The need for urgent reform of the EU's energy policy has been underlined by the potential for geopolitical events in Ukraine—an important gas transit country—to disrupt energy supplies. In 2013, energy supplies from Russia accounted for 39% of EU natural gas imports, Russia exported 71% of its gas to Europe; six Member States depend on Russia as single external supplier for their entire gas imports.1  Diversification of energy sources, suppliers and routes has been highlighted as a key means of improving energy security. With respect to gas, the Commission has stated that work on the Southern Gas Corridor must be intensified to enable Central Asian countries to export their gas to Europe. As a back-up in crisis situations, the Commission will also work to remove obstacles to LNG imports from the U.S. and other LNG producers. Domestically produced energy will also decrease Europe's energy import dependence. In parallel, the Commission is also planning a revision of the Security of Gas Supply Regulation, which could require companies to hold minimum levels of gas in storage.

The Framework Strategy also outlines a number of other measures to increase energy security, gas in particular.2  It highlights the need for an Energy Union that speaks with one voice on global affairs, which, in turn, is able to engage more constructively with its partners. In this context, the Commission will seek to negotiate energy specific provisions when negotiating agreements with countries important from a security of supply perspective. Foreign policy instruments will be used to establish strategic partnerships with increasingly important producing and transit countries. The EU will further develop its partnership with Norway; will consider reframing its relationship with Russia; and will upgrade the strategic partnership with Ukraine. Moreover, the Commission has taken steps to ensure that greater transparency on gas supply can be achieved through the introduction of an EU regulation putting in place an ex ante system of assessing intergovernmental agreements for compatibility with internal market rules and security of supply criteria. The Southern Gas Corridor treaties were the first to be assessed under this system.

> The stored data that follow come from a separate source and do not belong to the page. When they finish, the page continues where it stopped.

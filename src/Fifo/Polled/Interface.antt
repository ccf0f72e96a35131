-- ===== src/Fifo/Polled/Interface.antt =====
-- What the programs of fifo/doc/fifoexa0 assume of a named pipe that is opened with O_NONBLOCK, and
-- a pipe that meets it.
use linuxapp.Common.{
  ℕ, ◌+◌, ◌≤◌, ◌<◌, ltb, Option, none, some, List, [], ◌∷◌, ◌++◌, length, take, drop, ◌≡◌, ◌⊎◌,
  refl, ap, inl, inr, arith, Bool-cases, if◌then◌else◌,
}

-- `none` is the result -1 of the call.
pub record NoWait : Type 1 where
  pub State : Type 0
  pub contents : State → List ℕ
  pub write : State → List ℕ → Option (ℕ × State)
  pub read : State → ℕ → Option (List ℕ × State)

-- The bytes that a write may have so that it is never divided.
abbrev pub pipe_buf : ℕ
pipe_buf = 4096

-- A short write is refused or done whole, and done if the pipe is empty. A read takes what it asks
-- for as far as there is so much; from an empty pipe it gets an error or, if no writer has the pipe
-- open, nothing.
pub record IsNoWait (P : NoWait) : Type 0 where
  pub sent :
      (s : P.State) (bs : List ℕ)
      → length bs ≤ pipe_buf
      → (P.write s bs ≡ none)
        ⊎ ((t : P.State) × (P.write s bs ≡ some (length bs, t))
            × (P.contents t ≡ P.contents s ++ bs))
  pub sent_first :
      (s : P.State) (bs : List ℕ)
      → length bs ≤ pipe_buf
      → P.contents s ≡ []
      → (t : P.State) × (P.write s bs ≡ some (length bs, t)) × (P.contents t ≡ bs)
  pub taken :
      (s : P.State) (n : ℕ)
      → 0 < length (P.contents s)
      → (t : P.State) × (P.read s n ≡ some (take n (P.contents s), t))
        × (P.contents t ≡ drop n (P.contents s))
  pub nothing :
      (s : P.State) (n : ℕ)
      → P.contents s ≡ []
      → (P.read s n ≡ none) ⊎ ((t : P.State) × (P.read s n ≡ some ([], t)) × (P.contents t ≡ []))

abbrev put : List ℕ → List ℕ → Option (ℕ × List ℕ)
put s bs = if ltb pipe_buf (length s + length bs) then none else some (length bs, s ++ bs)

abbrev get : List ℕ → ℕ → Option (List ℕ × List ℕ)
get [] n = none
get (b ∷ s) n = some (take n (b ∷ s), drop n (b ∷ s))

-- A pipe that holds a page.
abbrev pub page : NoWait
page = record { State = List ℕ; contents = λ s. s; write = put; read = get }

page_sent :
    (s bs : List ℕ)
    → (page.write s bs ≡ none)
      ⊎ ((t : List ℕ) × (page.write s bs ≡ some (length bs, t)) × (t ≡ s ++ bs))
page_sent s bs = elim (Bool-cases (ltb pipe_buf (length s + length bs))) [
  | inl full ↦ inl (rw full refl)
  | inr room ↦ inr (s ++ bs, rw room refl, refl)
]

page_sent_first :
    (s bs : List ℕ)
    → length bs ≤ pipe_buf
    → s ≡ []
    → (t : List ℕ) × (page.write s bs ≡ some (length bs, t)) × (t ≡ bs)
page_sent_first s bs short empty = elim (Bool-cases (ltb pipe_buf (length s + length bs))) [
  | inl full ↦
      let none_there : length s ≡ 0 = ap length empty in
      absurd (ground (arith, full, short, none_there))
  | inr room ↦ (s ++ bs, rw room refl, rw empty refl)
]

page_taken :
    (s : List ℕ) (n : ℕ)
    → 0 < length s
    → (t : List ℕ) × (page.read s n ≡ some (take n s, t)) × (t ≡ drop n s)
page_taken [] n h = absurd (omega arith)
page_taken (b ∷ s) n h = (drop n (b ∷ s), refl, refl)

pub page-IsNoWait : IsNoWait page
page-IsNoWait = record {
  sent = λ s bs short. page_sent s bs;
  sent_first = page_sent_first;
  taken = page_taken;
  nothing = λ s n empty. rw empty (inl refl);
}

However, the Commission is also considering more direct steps and will consider creating voluntary demand aggregation mechanisms for collective purchasing of gas during a crisis and where Member States are dependent on a single gas supplier. Member States coming together to collectively negotiate terms and conditions with a gas supplier will have increased bargaining power. Supplies through the Southern Gas Corridor (for example, from Azerbaijan and eventually Turkmenistan) have been raised in this context in EU-regional dialogues. To comply with EU competition law, the framework for the collective purchasing mechanisms envisaged by the Commission will need to ensure that cost savings are passed on to consumers and that gas suppliers—within that Member State committed to collective purchasing—will continue to compete after receiving better deals. Pursuant to the World Trade Organization rules, the collective purchasing mechanisms will also have to comply with the principles of non-discrimination and the requirement that purchases shall be made in accordance with commercial considerations.

Sustainability of Infrastructure

The Commission estimates that the transition towards a more secure and sustainable energy system will require investments of € 200 billion annually over the next decade. While the private sector will cover much of the costs, access to financing will be crucial. Some of this may be met through EU funding for priority projects and dedicated energy infrastructure funding.

Information on the Commission's Energy Union is available here.

Footnotes

1 Communication from the Commission to the European Parliament and the Council, European Energy Security Strategy, COM(2014) 330 final (Bulgaria, Slovakia, Czech Republic, Hungary, Estonia, and Lithuania).

2 Electricity is mainly produced inside the EU.